A home loan at floating interest rates is beneficial if you buy a home early in your career. You may see the market falls a few times, which reduces your rate. If you are in the late forties, a fixed interest rate may be a feasible option. But, before making a choice, you will have a consider a few other factors like EMIs and interest costs.
Interest cost is the cumulative interest amount that you pay on your home loan, during the entire tenure. The principle and interest together make an installment that you pay every month. The interest amount of all the installments adds up to make the interest cost at the end of the tenure.
At this point, the home loan interest rates are at a 15 year low. Several lenders have reduced the grades as the festive offers boost the demand.
Home loans are paid off in installments called Equated Monthly Installments. You have to work on your capacity for repayment before considering the home loan option. Find the equilibrium where you do not load yourself with the more significant installments.
Short-term loans have higher EMIs than their counterparts for the same principle. Short-term loans increase the amount of each installment to cover the loan in a shorter duration.
It is one of the eligibility criteria for considering a home loan. Your income bracket lets you decide on the term of the loan. As EMIs vary for different types of loans, you will have to take into account your income for calculating the EMIs. Also, if you have a stable income with a secured job, a long-term loan is always preferable. A short-term loan comes to your rescue if you are not into a guaranteed job.
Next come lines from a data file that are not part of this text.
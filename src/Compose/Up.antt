-- ===== src/Compose/Up.antt =====
-- `UpScaled` of compose.go: which containers are started when it returns without an error, and in which order.
use mathlib.Core.List.{append_assoc}
use thrive.Prelude.{
  ℕ, ◌≡◌, refl, sym, ap, ◌∙◌, ◌⊎◌, inl, inr, none, some, List, [], ◌∷◌, ◌++◌, arith, Text, Dict,
  lookup, is_empty, Bool-cases, Option-cases,
}
use thrive.Compose.{ServiceDef, ComposeFile}
use thrive.Compose.StartOrder.{VisitError, Search, Visit, ok, err, start_order}
use thrive.Compose.Names.{replica_id}
use thrive.Compose.Engine.{Engine, for_each, indices}
use thrive.Compose.Traced.{
  Note, pulled, created, started, traced, each, IsRun, for_each-IsRun, volumes-lift,
  ensure_resources-lift,
}
use thrive.Compose.Commands.{
  check, parse_compose_volumes, config_of, start_service_at, ensure_resources, replicas_of,
  up_service, up_scaled,
}

-- What is to be done for one replica of a service, and for all that are asked for.
abbrev pub replica : Text → Text → ServiceDef → ℕ → List Note
replica project name svc i =
    let id = replica_id project name i in pulled svc.image ∷ created id ∷ started id ∷ []

abbrev pub replicas : ComposeFile → Text → Dict ℕ → Text → List Note
replicas cf project scales name = elim (lookup name cf.services) [
  | none ↦ []
  | some svc ↦ each (replica project name svc) (indices 1 (replicas_of scales name))
]

Visit-cases : (v : Visit) → ((e : VisitError) × (v ≡ err e)) ⊎ ((s : Search) × (v ≡ ok s))
Visit-cases (ok s) = inr (s, refl)
Visit-cases (err e) = inl (e, refl)

up_scaled-for_each :
    {W : Type 0} (engine : Engine W) (cf : ComposeFile) (project : Text) (scales : Dict ℕ) (w : W)
    (s : Search)
    → (ensure_resources engine cf w).1 ≡ none
    → start_order cf ≡ ok s
    → up_scaled engine cf project scales w
      ≡ for_each s.result (up_service engine cf project scales) (ensure_resources engine cf w).0
unfolding up_scaled
up_scaled-for_each engine cf project scales w s e f = rw (up_scaled, e, f) refl

module _ {W : Type 0} (engine : Engine W) where
  three : (l : List Note) (a b c : Note) → ((l ++ a ∷ []) ++ b ∷ []) ++ c ∷ [] ≡ l ++ a ∷ b ∷ c ∷ []
  three l a b c = simp append_assoc

  start_service_at-IsRun :
      (project name : Text) (svc : ServiceDef) (i : ℕ) (p : W × List Note)
      → IsRun
          (replica project name svc i)
          p
          (start_service_at (traced engine) project name svc i p)
          (start_service_at engine project name svc i p.0)
  unfolding start_service_at check
  start_service_at-IsRun project name svc i p =
      let id = replica_id project name i in
      let at_pull = ((traced engine).pull svc.image p).0 in
      let mounted = parse_compose_volumes engine svc.volumes at_pull.0 in
      let config = config_of engine id svc mounted.1 in
      let made = (engine.create config mounted.0).0 in
      rw (volumes-lift engine svc.volumes at_pull) (elim (Bool-cases (is_empty svc.image)) [
        | inl e ↦ rw e (record { same = refl; notes = λ k. absurd (ground (arith, k)) })
        | inr e ↦ rw e (elim (Bool-cases (engine.pull svc.image p.0).1) [
          | inr f ↦ rw f (record { same = refl; notes = λ k. absurd (ground (arith, k)) })
          | inl f ↦ rw f (elim (Bool-cases (engine.create config mounted.0).1) [
            | inr c ↦ rw c (record { same = refl; notes = λ k. absurd (ground (arith, k)) })
            | inl c ↦ rw c (elim (Bool-cases (engine.start id made).1) [
              | inr n ↦ rw n (record { same = refl; notes = λ k. absurd (ground (arith, k)) })
              | inl n ↦ rw n (record {
                same = refl;
                notes = λ k. three p.1 (pulled svc.image) (created id) (started id);
              })
            ])
          ])
        ])
      ])

  up_service-IsRun :
      (cf : ComposeFile) (project : Text) (scales : Dict ℕ) (name : Text) (p : W × List Note)
      → IsRun
          (replicas cf project scales name)
          p
          (up_service (traced engine) cf project scales name p)
          (up_service engine cf project scales name p.0)
  unfolding up_service
  up_service-IsRun cf project scales name p = elim (Option-cases (lookup name cf.services)) [
    | inl e ↦
        rw (e, up_service, replicas)
          (record { same = refl; notes = λ k. absurd (ground (arith, k)) })
    | inr (svc, e) ↦
        rw (e, up_service, replicas)
          (for_each-IsRun (λ i. start_service_at (traced engine) project name svc i)
            (λ i. start_service_at engine project name svc i) (replica project name svc)
            (start_service_at-IsRun project name svc) (indices 1 (replicas_of scales name)) p)
  ]

  -- What a call of `Up` on the engine that takes notes has done: it ends as the call itself does, and its
  -- notes are those of the replicas that were asked for, service by service in the order that was found.
  pub record IsUp (cf : ComposeFile) (project : Text) (scales : Dict ℕ) (w : W) : Type 0 where
    pub order : Search
    pub found : start_order cf ≡ ok order
    pub same :
        let run = up_scaled (traced engine) cf project scales (w, []) in
        (run.0.0, run.1) ≡ up_scaled engine cf project scales w
    pub calls :
        (up_scaled (traced engine) cf project scales (w, [])).0.1
        ≡ each (replicas cf project scales) order.result

  -- When `Up` returns without an error, the start order was found, and the pulls, creations and starts that
  -- succeeded during the call are exactly, one after the other: a pull of the image, the creation and the start of
  -- the replica 1 of the first service in the order, the same for its replica 2, and so on up to the number that
  -- was asked for, then those of the second service, up to the last one. The calls are noted by an engine around
  -- the given one, on which `Up` ends in the same state and with the same result.
  pub up_scaled-IsUp :
      (cf : ComposeFile) (project : Text) (scales : Dict ℕ) (w : W)
      → (up_scaled engine cf project scales w).1 ≡ none
      → IsUp cf project scales w
  up_scaled-IsUp cf project scales w h = elim (Option-cases (ensure_resources engine cf w).1) [
    | inr (error, e) ↦ absurd (unfold up_scaled in ground (arith, e, h))
    | inl e ↦ elim (Visit-cases (start_order cf)) [
      | inl (error, f) ↦ absurd (unfold up_scaled in ground (arith, e, f, h))
      | inr (s, f) ↦
          let ready = (ensure_resources engine cf w).0 in
          let loop =
            for_each-IsRun (up_service (traced engine) cf project scales)
              (up_service engine cf project scales) (replicas cf project scales)
              (up_service-IsRun cf project scales) s.result (ready, []) in
          let traced_lem : up_scaled (traced engine) cf project scales (w, [])
              ≡ for_each s.result (up_service (traced engine) cf project scales) (ready, []) =
            let prepared = ensure_resources-lift engine cf (w, []) in
            up_scaled-for_each (traced engine) cf project scales (w, []) s
              (ap (λ q. q.1) prepared ∙ e) f
            ∙ ap (λ q. for_each s.result (up_service (traced engine) cf project scales) q.0)
                prepared in
          let given : up_scaled engine cf project scales w
              ≡ for_each s.result (up_service engine cf project scales) ready =
            up_scaled-for_each engine cf project scales w s e f in
          let same = ap (λ q. (q.0.0, q.1)) traced_lem ∙ loop.same ∙ sym given in
          record {
            order = s;
            found = f;
            same = same;
            calls =
                ap (λ q. q.0.1) traced_lem
                ∙ loop.notes (sym (ap (λ q. q.1) traced_lem) ∙ ap (λ q. q.1) same ∙ h);
          }
    ]
  ]
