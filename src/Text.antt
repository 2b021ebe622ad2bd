-- ===== src/Text.antt =====
-- What the program uses of Rust's `str`: a text is its bytes. Prefixes and suffixes, `parse` on
-- unsigned integers, `{}` of one, and the splitting of lines into words.
pub mod Affix
pub mod Digits
pub mod Decimal
pub mod Hex
pub mod Words
pub mod Splitting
Your net income determines the maximum loan that you would be eligible for. Generally, lenders give a full loan of 60 times your net income. If you have a salaried income, then your net salary decides the maximum loan that you can entitle to. Your annual profit will be considered for loan eligibility if you are self-employed.
- Mortgage of Property
A home mortgage is a loan given by the lender. Generally a bank to the borrower on a condition that the title of the property shall be transferred only after the full repayment of the loan. For a long-term loan, you will not be entitled to the ownership of the property for a long time as the tenure of the loan is high. A short-term loan lets you enjoy the owner’s rights as soon as possible. The enormous sums that you pay as interest costs can be reduced significantly in the short term. Short-time loans ensure a hassle-free life ahead, once they are done with their short tenure increasing your cash flow.
After weighing the benefits and determinants of long-term and short-term home loans. You can opt for the one that matches your financial status, obligations, and aspirations.
Short Term vs Long Term Loans FAQs
Long term home loans are the loans that lend you money for long tenures ranging from years up to 30 years. At the same time, short term home loans lend money for a period of fewer than 5 years.
Interest rates apply to the home loan that you have to pay to the lender for the loan. Interest costs are the cumulative amount of money that you pay owing to the interest rates by the end of your tenure.
There are 2 types of interest rates. Fixed-rate that charges the borrower with a fixed interest rate throughout the tenure of the loan. The other is the floating interest rate that charges the borrower with the interest rates that are subjected to fluctuations based on the market trends.